Researchers Gaze into Space to Envision Future of Regenerative Medicine

By: Asher Jones

About 250 miles above sea level, a unique laboratory circles the planet. Here in low-Earth orbit on the International Space Station (ISS), gravity’s tug is faint enough that objects appear to be weightless. These microgravity conditions cause living things — from people to organs and cells — to function differently than on terra firma. Researchers from UPMC and the University of Pittsburgh aim to use the ISS U.S. National Laboratory (ISSNL) to conduct biomedical research not possible on Earth and advance space-based biomanufacturing.

In recent years, microgravity research has become more accessible through the ISSNL. At the same time, breakthroughs in gene editing, stem cell research and development of mini lab-grown organs have helped advance regenerative medicine, the discipline that focuses on replacing or repairing damaged or diseased body parts. Progress in these two areas means that now is the right moment to consider the future of biomanufacturing in space, according to Dr. William Wagner, director of the University of Pittsburgh’s McGowan Institute for Regenerative Medicine and distinguished professor of surgery, chemical engineering and bioengineering at Pitt.
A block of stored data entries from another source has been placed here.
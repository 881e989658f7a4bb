-- ===== src/Common/Bits.antt =====
-- `|` of a number with bits above it is a sum. The native operation is a recursion on binary
-- digits with fuel; here the fuel is dropped first.
use Prim.Native.Nat.{
  ℕ, zero, suc, ◌+◌, ◌*◌, ◌/◌, ◌%◌, ◌^◌, ◌≤◌, ◌<◌, max, digits, bit_or, bit_or-bitwise,
}
use mathlib.Core.Path.{◌≡◌, refl, ap}
use native.Mathlib.Nat.{pow-suc}
use native.Mathlib.Omega.{arith}

-- The recursion on digits with more fuel than digits, for any operation on two of them.
pub digits_fuel :
    (e : ℕ → ℕ) (op : ℕ → ℕ → ℕ) (n m a b : ℕ)
    → a ≤ n
    → a ≤ m
    → digits e op n a b ≡ digits e op m a b
digits_fuel e op zero zero a b p q = refl
digits_fuel e op zero (suc m) zero b p q = refl
digits_fuel e op zero (suc m) (suc a) b p q = absurd (omega arith)
digits_fuel e op (suc n) zero zero b p q = refl
digits_fuel e op (suc n) zero (suc a) b p q = absurd (omega arith)
digits_fuel e op (suc n) (suc m) zero b p q = refl
digits_fuel e op (suc n) (suc m) (suc a) b p q =
    ap (λ (t : ℕ). t * 2 + op (suc a % 2) (b % 2))
      (digits_fuel e op n m (suc a / 2) (b / 2) (omega arith) (omega arith))

zero-bit_or : (b : ℕ) → bit_or 0 b ≡ b
zero-bit_or b = bit_or-bitwise 0 b

bit_or_step : (a b : ℕ) → bit_or a b ≡ bit_or (a / 2) (b / 2) * 2 + max (a % 2) (b % 2)
bit_or_step zero b = omega (arith, zero-bit_or b, zero-bit_or (b / 2))
bit_or_step (suc a) b = omega (
  arith,
  bit_or-bitwise (suc a) b,
  bit_or-bitwise (suc a / 2) (b / 2),
  digits_fuel (λ y. y) max a (suc a / 2) (suc a / 2) (b / 2) (omega arith) (omega arith),
)

-- `low | (high << k)` when `low` fits below bit `k`.
pub bit_or-shifted : (k low high : ℕ) → low < 2 ^ k → bit_or low (high * 2 ^ k) ≡ low + high * 2 ^ k
bit_or-shifted zero low high h = ground (arith, zero-bit_or (high * 2 ^ 0))
bit_or-shifted (suc k) low high h = ground (
  arith,
  bit_or_step low (high * 2 ^ suc k),
  ap (λ (t : ℕ). high * t) (pow-suc 2 k),
  pow-suc 2 k,
  bit_or-shifted k (low / 2) high (omega arith),
)

-- `group | 0x80` on a group of seven bits.
pub bit_or-top_bit : (group : ℕ) → group < 128 → bit_or group 0x80 ≡ group + 128
bit_or-top_bit group h = bit_or-shifted 7 group 1 h
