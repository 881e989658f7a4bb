-- ===== src/Common/And.antt =====
-- `&` with a mask of high bits, which is the comparison of what is left after the low bits go.
use Prim.Native.Nat.{
  ℕ, zero, suc, ◌+◌, ◌-◌, ◌*◌, ◌/◌, ◌%◌, ◌^◌, ◌≤◌, ◌<◌, min, bit_and, bit_and-bitwise,
}
use mathlib.Core.Path.{◌≡◌, ap, ◌∙◌}
use native.Mathlib.Nat.{pow-suc, add-suc, div-div-eq-div-mul}
use native.Mathlib.Omega.{arith}
use phira_mp_plus.Common.Bits.{digits_fuel}

bit_and-zero_left : (b : ℕ) → bit_and 0 b ≡ 0
bit_and-zero_left b = bit_and-bitwise 0 b

-- The lowest bit apart.
bit_and_halves : (a b : ℕ) → bit_and a b ≡ bit_and (a / 2) (b / 2) * 2 + min (a % 2) (b % 2)
bit_and_halves zero b = omega (arith, bit_and-zero_left b, bit_and-zero_left (b / 2))
bit_and_halves (suc a) b =
    let half = suc a / 2 in
    omega (
      arith,
      bit_and-bitwise (suc a) b,
      bit_and-bitwise half (b / 2),
      digits_fuel (λ y. zero) min a half half (b / 2) (omega arith) (omega arith),
    )

pub pow_pos : (k : ℕ) → 1 ≤ 2 ^ k
pow_pos zero = omega arith
pow_pos (suc k) = omega (arith, pow-suc 2 k, pow_pos k)

half_ones : (k : ℕ) → (2 ^ suc k - 1) / 2 ≡ 2 ^ k - 1
half_ones k = omega (arith, pow-suc 2 k)

-- All bits of the width.
bit_and-ones : (k a : ℕ) → a < 2 ^ k → bit_and a (2 ^ k - 1) ≡ a
bit_and-ones zero zero h = bit_and-zero_left 0
bit_and-ones zero (suc a) h = absurd (omega arith)
bit_and-ones (suc k) a h = omega (
  arith,
  pow-suc 2 k,
  pow_pos k,
  bit_and_halves a (2 ^ suc k - 1),
  ap (bit_and (a / 2)) (half_ones k),
  bit_and-ones k (a / 2) (omega (arith, pow-suc 2 k)),
)

half_mask : (m s : ℕ) → m * 2 ^ suc s / 2 ≡ m * 2 ^ s
half_mask m s = omega (arith, ap (λ (t : ℕ). m * t) (pow-suc 2 s))

even_mask : (m s : ℕ) → m * 2 ^ suc s % 2 ≡ 0
even_mask m s = omega (arith, ap (λ (t : ℕ). m * t) (pow-suc 2 s))

-- The low bits go: a mask of `k` ones above `s` zeros, on a number of `k + s` bits.
pub bit_and-high :
    (k s a : ℕ) → a < 2 ^ (k + s) → bit_and a ((2 ^ k - 1) * 2 ^ s) ≡ a / 2 ^ s * 2 ^ s
bit_and-high k zero a h =
    let width : k + 0 ≡ k = omega arith in
    let unit : (2 ^ k - 1) * 2 ^ 0 ≡ 2 ^ k - 1 = omega arith in
    rw unit (omega (arith, bit_and-ones k a (rw width at h)))
bit_and-high k (suc s) a h =
    let m = 2 ^ k - 1 in
    let below : a < 2 ^ suc (k + s) = rw (add-suc k s) at h in
    let quotient : a / 2 / 2 ^ s ≡ a / 2 ^ suc s =
      div-div-eq-div-mul a 2 (2 ^ s) ∙ ap (λ (t : ℕ). a / t) (omega (arith, pow-suc 2 s)) in
    omega (
      arith,
      bit_and_halves a (m * 2 ^ suc s),
      ap (bit_and (a / 2)) (half_mask m s),
      even_mask m s,
      bit_and-high k s (a / 2) (omega (arith, pow-suc 2 (k + s))),
      ap (λ (t : ℕ). t * 2 ^ s) quotient,
      ap (λ (t : ℕ). a / 2 ^ suc s * t) (pow-suc 2 s),
    )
Dr. William Wagner and Gary Rodrigue discuss the future of biomanufacturing in space.

“We are truly blessed to be at a point in humankind where access to low-Earth orbit and access to microgravity is available,” Wagner said during a “fireside chat” with Gary Rodrigue, director of programs and partnerships at the Center for the Advancement of Science in Space (CASIS), at the 10th annual International Space Station Research and Development Conference. “The question is, how are we going to leverage the unique aspects of this environment?”

To help answer this question, the McGowan Institute and CASIS, the organization that manages the ISSNL, brought together more than 100 experts in regenerative medicine, tissue engineering and aerospace for the Biomanufacturing in Space symposium last year. Originally planned as an in-person event, the symposium pivoted to a series of virtual meetings that took place weekly over several months.
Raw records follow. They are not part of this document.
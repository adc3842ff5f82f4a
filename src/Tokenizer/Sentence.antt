-- ===== src/Tokenizer/Sentence.antt =====
-- The byte-pair encoder by scores, and the choice of an encoder: `vocab_encode` of
-- inference/core/tokenizer.c.
pub mod Merging
pub mod Run
pub mod Symbols
pub mod Unspace
pub mod RoundTrip
use yllm.Base.{
  ℕ, zero, suc, ◌+◌, Bool, ◌&&◌, Option, none, some, List, [], ◌∷◌, ◌++◌, ◌==◌, ltb, leb,
  if◌then◌else◌, length, get_elem?, take, drop,
}
use yllm.Base.Text.{Bytes}
use yllm.Tokenizer.Greedy.{byte_name, vocab_encode_greedy}
use yllm.Tokenizer.Lookup.{vocab_bsearch_sorted}
use yllm.Tokenizer.Merges.{char_len, replace_pair, vocab_encode_merges}
use yllm.Tokenizer.Types.{Vocab, piece}

-- U+2581, which stands for a space.
abbrev pub mark : Bytes
mark = 0xE2 ∷ 0x96 ∷ 0x81 ∷ []

-- The loop over the text: each space becomes a mark.
unfoldable pub marked : Bytes → Bytes
marked [] = []
marked (c ∷ t) = (if c == b' ' then mark else c ∷ []) ++ marked t

-- The symbols of the bytes of a character that is no piece.
unfoldable pub byte_symbols : Vocab → Bytes → List ℕ
byte_symbols v [] = []
byte_symbols v (b ∷ bs) =
    let rest = byte_symbols v bs in
    elim (vocab_bsearch_sorted v (byte_name b)) [
      | some id ↦ id ∷ rest
      | none ↦ elim v.unk [ some id ↦ id ∷ rest | none ↦ rest ]
    ]

-- The loop over the characters of the marked text.
unfoldable pub char_symbols : ℕ → Vocab → Bytes → List ℕ
char_symbols zero v text = []
char_symbols (suc fuel) v [] = []
char_symbols (suc fuel) v (c ∷ t) =
    let n = char_len c (c ∷ t) in
    let rest = char_symbols fuel v (drop n (c ∷ t)) in
    elim (vocab_bsearch_sorted v (take n (c ∷ t))) [
      | some id ↦ id ∷ rest
      | none ↦ byte_symbols v (take n (c ∷ t)) ++ rest
    ]

-- `char merged[512]`
abbrev pub merged_size : ℕ
merged_size = 512

-- The piece that two symbols merge to, and its score; a piece without a score has 0.0f.
unfoldable pub score_merge : Vocab → ℕ → ℕ → Option (ℕ × ℕ)
score_merge v a b =
    if leb merged_size (length (piece v a) + length (piece v b))
    then none
    else elim (vocab_bsearch_sorted v (piece v a ++ piece v b)) [
      | some mid ↦ some (mid, elim (get_elem? v.scores mid) [ some sc ↦ sc | none ↦ 0 ])
      | none ↦ none
    ]

-- `best_i`, `best_out` and `best_score`.
pub record BestScore : Type 0 where
  pub best_i : Option ℕ
  pub best_out : ℕ
  pub best_score : ℕ

-- The comparison `>` of two `float`s by their bit patterns is a parameter.
module _ (gt : ℕ → ℕ → Bool) where
  abbrev pub raise : ℕ → Option (ℕ × ℕ) → BestScore → BestScore
  raise j none best = best
  raise j (some (mid, sc)) best =
      if gt sc best.best_score
      then record { best_i = some j; best_out = mid; best_score = sc }
      else best

  unfoldable pub best_score_from : Vocab → ℕ → ℕ → List ℕ → BestScore → BestScore
  best_score_from v j a [] best = best
  best_score_from v j a (b ∷ syms) best =
      best_score_from v (j + 1) b syms (raise j (score_merge v a b) best)

  -- The start is -1e30f.
  unfoldable pub best_score_pair : Vocab → List ℕ → BestScore
  unfolding best_score_from
  best_score_pair v [] = record { best_i = none; best_out = 0; best_score = 0xF149F2CA }
  best_score_pair v (a ∷ syms) =
      best_score_from v 0 a syms (record { best_i = none; best_out = 0; best_score = 0xF149F2CA })

  unfoldable pub score_loop : ℕ → Vocab → ℕ → List ℕ → List ℕ
  score_loop zero v max syms = syms
  score_loop (suc fuel) v max syms = elim ((best_score_pair v syms).best_i) [
    | none ↦ syms
    | some i ↦
        let rest = score_loop fuel v max (replace_pair i (best_score_pair v syms).best_out syms) in
        if leb max (length syms) then syms else rest
  ]

  unfoldable pub encode_sentence : Vocab → Bytes → ℕ → List ℕ
  encode_sentence v text max =
      let norm = mark ++ marked text in
      let syms = char_symbols (length norm) v norm in take max (score_loop (length syms) v max syms)

  unfoldable pub vocab_encode : Vocab → Bytes → ℕ → List ℕ
  vocab_encode v text max =
      if length v.scores == 0 && ltb 0 (length v.merges)
      then vocab_encode_merges v text max
      else if length v.scores == 0
      then vocab_encode_greedy v text max
      else encode_sentence v text max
In a review article recently posted to Preprints, symposium attendees identified areas that hold the greatest promise for space-based biomanufacturing for tissue engineering and regenerative medicine.
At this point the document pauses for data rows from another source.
-- ===== src/Tokenizer/Sentence/Merging.antt =====
-- The merges by score: each is of a pair that no other pair beats.
use yllm.Base.{
  ℕ, zero, suc, ◌+◌, ◌<◌, ◌≡◌, refl, ◌⊎◌, inl, inr, true, false, Bool, Option, none, some, List, [],
  ◌∷◌, arith, length, Bool-cases,
}
use yllm.Tokenizer.Sentence.{score_merge, BestScore, raise, best_score_from, best_score_pair}
use yllm.Tokenizer.Types.{Vocab}

-- The merge of the symbols at `i` and behind it.
abbrev pub pair_score : Vocab → List ℕ → ℕ → Option (ℕ × ℕ)
pair_score v [] i = none
pair_score v (a ∷ []) i = none
pair_score v (a ∷ b ∷ syms) zero = score_merge v a b
pair_score v (a ∷ b ∷ syms) (suc i) = pair_score v (b ∷ syms) i

pub pair_score-lt :
    (v : Vocab) (syms : List ℕ) (i : ℕ) (m : ℕ × ℕ)
    → pair_score v syms i ≡ some m
    → i + 1 < length syms
pair_score-lt v [] i m h = cc
pair_score-lt v (a ∷ []) i m h = cc
pair_score-lt v (a ∷ b ∷ syms) zero m h = omega arith
pair_score-lt v (a ∷ b ∷ syms) (suc i) m h = omega (arith, pair_score-lt v (b ∷ syms) i m h)

-- The bits of -1e30f, below which no score counts.
abbrev pub lowest : ℕ
lowest = 0xF149F2CA

-- What a comparison of `float`s satisfies.
pub record IsStrict (gt : ℕ → ℕ → Bool) : Type 0 where
  pub irrefl : (x : ℕ) → gt x x ≡ false
  pub trans : (x y z : ℕ) → gt x y ≡ true → gt y z ≡ true → gt x z ≡ true

module _ (gt : ℕ → ℕ → Bool) where
  -- No pair has a score above `s`.
  abbrev pub NoneAbove : Vocab → List ℕ → ℕ → Type 0
  NoneAbove v syms s = (i : ℕ) (m : ℕ × ℕ) → pair_score v syms i ≡ some m → gt m.1 s ≡ false

  -- The pair at `i` merges to `out`, and none has a higher score.
  pub record IsTop (v : Vocab) (syms : List ℕ) (i : ℕ) (m : ℕ × ℕ) : Type 0 where
    pub here : pair_score v syms i ≡ some m
    pub top : NoneAbove v syms m.1

  not_above : (x y z : ℕ) → IsStrict gt → gt x y ≡ true → gt z y ≡ false → gt z x ≡ false
  not_above x y z order high low = elim (Bool-cases (gt z x)) [
    | inl above ↦ cc (order.trans z x y above high, low)
    | inr other ↦ other
  ]

  not_below : (x y : ℕ) → IsStrict gt → gt x y ≡ true → gt y x ≡ false
  not_below x y order high = not_above x y y order high (order.irrefl y)

  NoneAbove-cons :
      (v : Vocab) (a b : ℕ) (syms : List ℕ) (s : ℕ)
      → ((m : ℕ × ℕ) → score_merge v a b ≡ some m → gt m.1 s ≡ false)
      → NoneAbove v (b ∷ syms) s
      → NoneAbove v (a ∷ b ∷ syms) s
  NoneAbove-cons v a b syms s front rest zero m h = front m h
  NoneAbove-cons v a b syms s front rest (suc i) m h = rest i m h

  -- What the loop makes of the best pair so far.
  abbrev IsRaised : Vocab → List ℕ → ℕ → BestScore → BestScore → Type 0
  IsRaised v syms j best r =
      ((r ≡ best) × NoneAbove v syms best.best_score)
      ⊎ ((i : ℕ) × (m : ℕ × ℕ) × (r
            ≡ record { best_i = some (j + i); best_out = m.0; best_score = m.1 })
          × (gt m.1 best.best_score ≡ true)
          × IsTop v syms i m)

  module _ (order : IsStrict gt) (v : Vocab) (a b : ℕ) (syms : List ℕ) (j : ℕ)
      (best r : BestScore) where
    keep_best :
        ((m : ℕ × ℕ) → score_merge v a b ≡ some m → gt m.1 best.best_score ≡ false)
        → IsRaised v (b ∷ syms) (j + 1) best r
        → IsRaised v (a ∷ b ∷ syms) j best r
    keep_best front (inl (same, rest)) =
        inl (same, NoneAbove-cons v a b syms best.best_score front rest)
    keep_best front (inr (i, m, is, high, top)) =
        let e : j + 1 + i ≡ j + suc i = omega arith in
        inr (
          suc i,
          m,
          rw (← e) is,
          high,
          record {
            here = top.here;
            top =
                NoneAbove-cons v a b syms m.1
                  (λ n h. not_above m.1 best.best_score n.1 order high (front n h)) top.top;
          },
        )

    take_front :
        (m : ℕ × ℕ)
        → score_merge v a b ≡ some m
        → gt m.1 best.best_score ≡ true
        → IsRaised v
            (b ∷ syms)
            (j + 1)
            (record { best_i = some j; best_out = m.0; best_score = m.1 })
            r
        → IsRaised v (a ∷ b ∷ syms) j best r
    take_front m found high (inl (same, rest)) =
        let e : j + 0 ≡ j = omega arith in
        inr (
          0,
          m,
          rw e same,
          high,
          record {
            here = found;
            top =
                NoneAbove-cons v a b syms m.1
                  (λ n h. let is : n ≡ m = cc (found, h) in rw is (order.irrefl m.1)) rest;
          },
        )
    take_front m found high (inr (i, k, is, higher, top)) =
        let e : j + 1 + i ≡ j + suc i = omega arith in
        inr (
          suc i,
          k,
          rw (← e) is,
          order.trans k.1 m.1 best.best_score higher high,
          record {
            here = top.here;
            top =
                NoneAbove-cons v a b syms k.1
                  (λ n h.
                    let is' : n ≡ m = cc (found, h) in rw is' (not_below k.1 m.1 order higher))
                  top.top;
          },
        )

    IsRaised-cons :
        (o : Option (ℕ × ℕ))
        → score_merge v a b ≡ o
        → IsRaised v (b ∷ syms) (j + 1) (raise gt j o best) r
        → IsRaised v (a ∷ b ∷ syms) j best r
    IsRaised-cons none found h = keep_best (λ m k. cc (found, k)) h
    IsRaised-cons (some (mid, sc)) found h = elim (Bool-cases (gt sc best.best_score)) [
      | inl better ↦ take_front (mid, sc) found better (rw better at h)
      | inr worse ↦
          keep_best (λ m k. let is : m ≡ (mid, sc) = cc (found, k) in rw is worse) (rw worse at h)
    ]

  best_score_from-IsRaised :
      IsStrict gt
      → (v : Vocab) (j a : ℕ) (syms : List ℕ) (best : BestScore)
      → IsRaised v (a ∷ syms) j best (best_score_from gt v j a syms best)
  unfolding best_score_from
  best_score_from-IsRaised order v j a [] best = inl (refl, λ i m h. cc)
  best_score_from-IsRaised order v j a (b ∷ syms) best =
      IsRaised-cons order v a b syms j best _ (score_merge v a b) refl
        (best_score_from-IsRaised order v (j + 1) b syms (raise gt j (score_merge v a b) best))

  abbrev pub IsBest : Vocab → List ℕ → BestScore → Type 0
  IsBest v syms best =
      ((best.best_i ≡ none) × NoneAbove v syms lowest)
      ⊎ ((i : ℕ) × (m : ℕ × ℕ) × (best.best_i ≡ some i) × (best.best_out ≡ m.0) × IsTop v syms i m)

  IsBest-IsRaised :
      (v : Vocab) (syms : List ℕ) (r : BestScore)
      → IsRaised v syms 0 (record { best_i = none; best_out = 0; best_score = lowest }) r
      → IsBest v syms r
  IsBest-IsRaised v syms r (inl (same, rest)) = inl (rw same refl, rest)
  IsBest-IsRaised v syms r (inr (i, m, is, high, top)) =
      let e : 0 + i ≡ i = omega arith in inr (i, m, rw (is, e) refl, rw is refl, top)

  pub best_score_pair-IsBest :
      IsStrict gt → (v : Vocab) (syms : List ℕ) → IsBest v syms (best_score_pair gt v syms)
  unfolding best_score_pair
  best_score_pair-IsBest order v [] = inl (refl, λ i m h. cc)
  best_score_pair-IsBest order v (a ∷ syms) =
      IsBest-IsRaised v (a ∷ syms) _ (best_score_from-IsRaised order v 0 a syms _)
“It’s an incredible privilege to try to answer the question of what makes sense to do in microgravity,” said Wagner. “It’s a similar feeling to being an explorer on a ship and heading to some uncharted land. I think many people who were on those calls shared that sense of exploration.”

The researchers identified organs-on-a-chip — miniature devices that mimic human organs — as one important subject for future research in space. Because disease-like characteristics develop in these systems under microgravity, insight into disease pathways and development of drugs that block these pathways can be accelerated in low-Earth orbit.

Stem cell research is another area that could be advanced in microgravity, according to the article. Stem cells, which can be turned into any type of cell, have many potential applications for treating diseases, injuries and birth defects. Because these cells behave differently in low gravity, research on the ISS could improve stem cell–based treatments and enhance fundamental understanding of processes such as aging and organ development.

The third target area that the researchers identified is 3D printing of tissues for transplantation and disease modeling. The near absence of gravity on the ISS could enable more consistent deposition of complex molecules and reduce the need for structural support, which have been hurdles in the production of these 3D tissues.

The researchers also outline commercial opportunities and potential business models for developing a sustainable market for space-based biomanufacturing. According to Wagner, these considerations are important for ensuring that new therapies make it to patients.

“We can’t just run experiments; we can’t just publish papers. We have to think about how it is going to get to the patient,” said Wagner. “If we don’t get it to the patient, we always say that we haven’t succeeded in our mission.”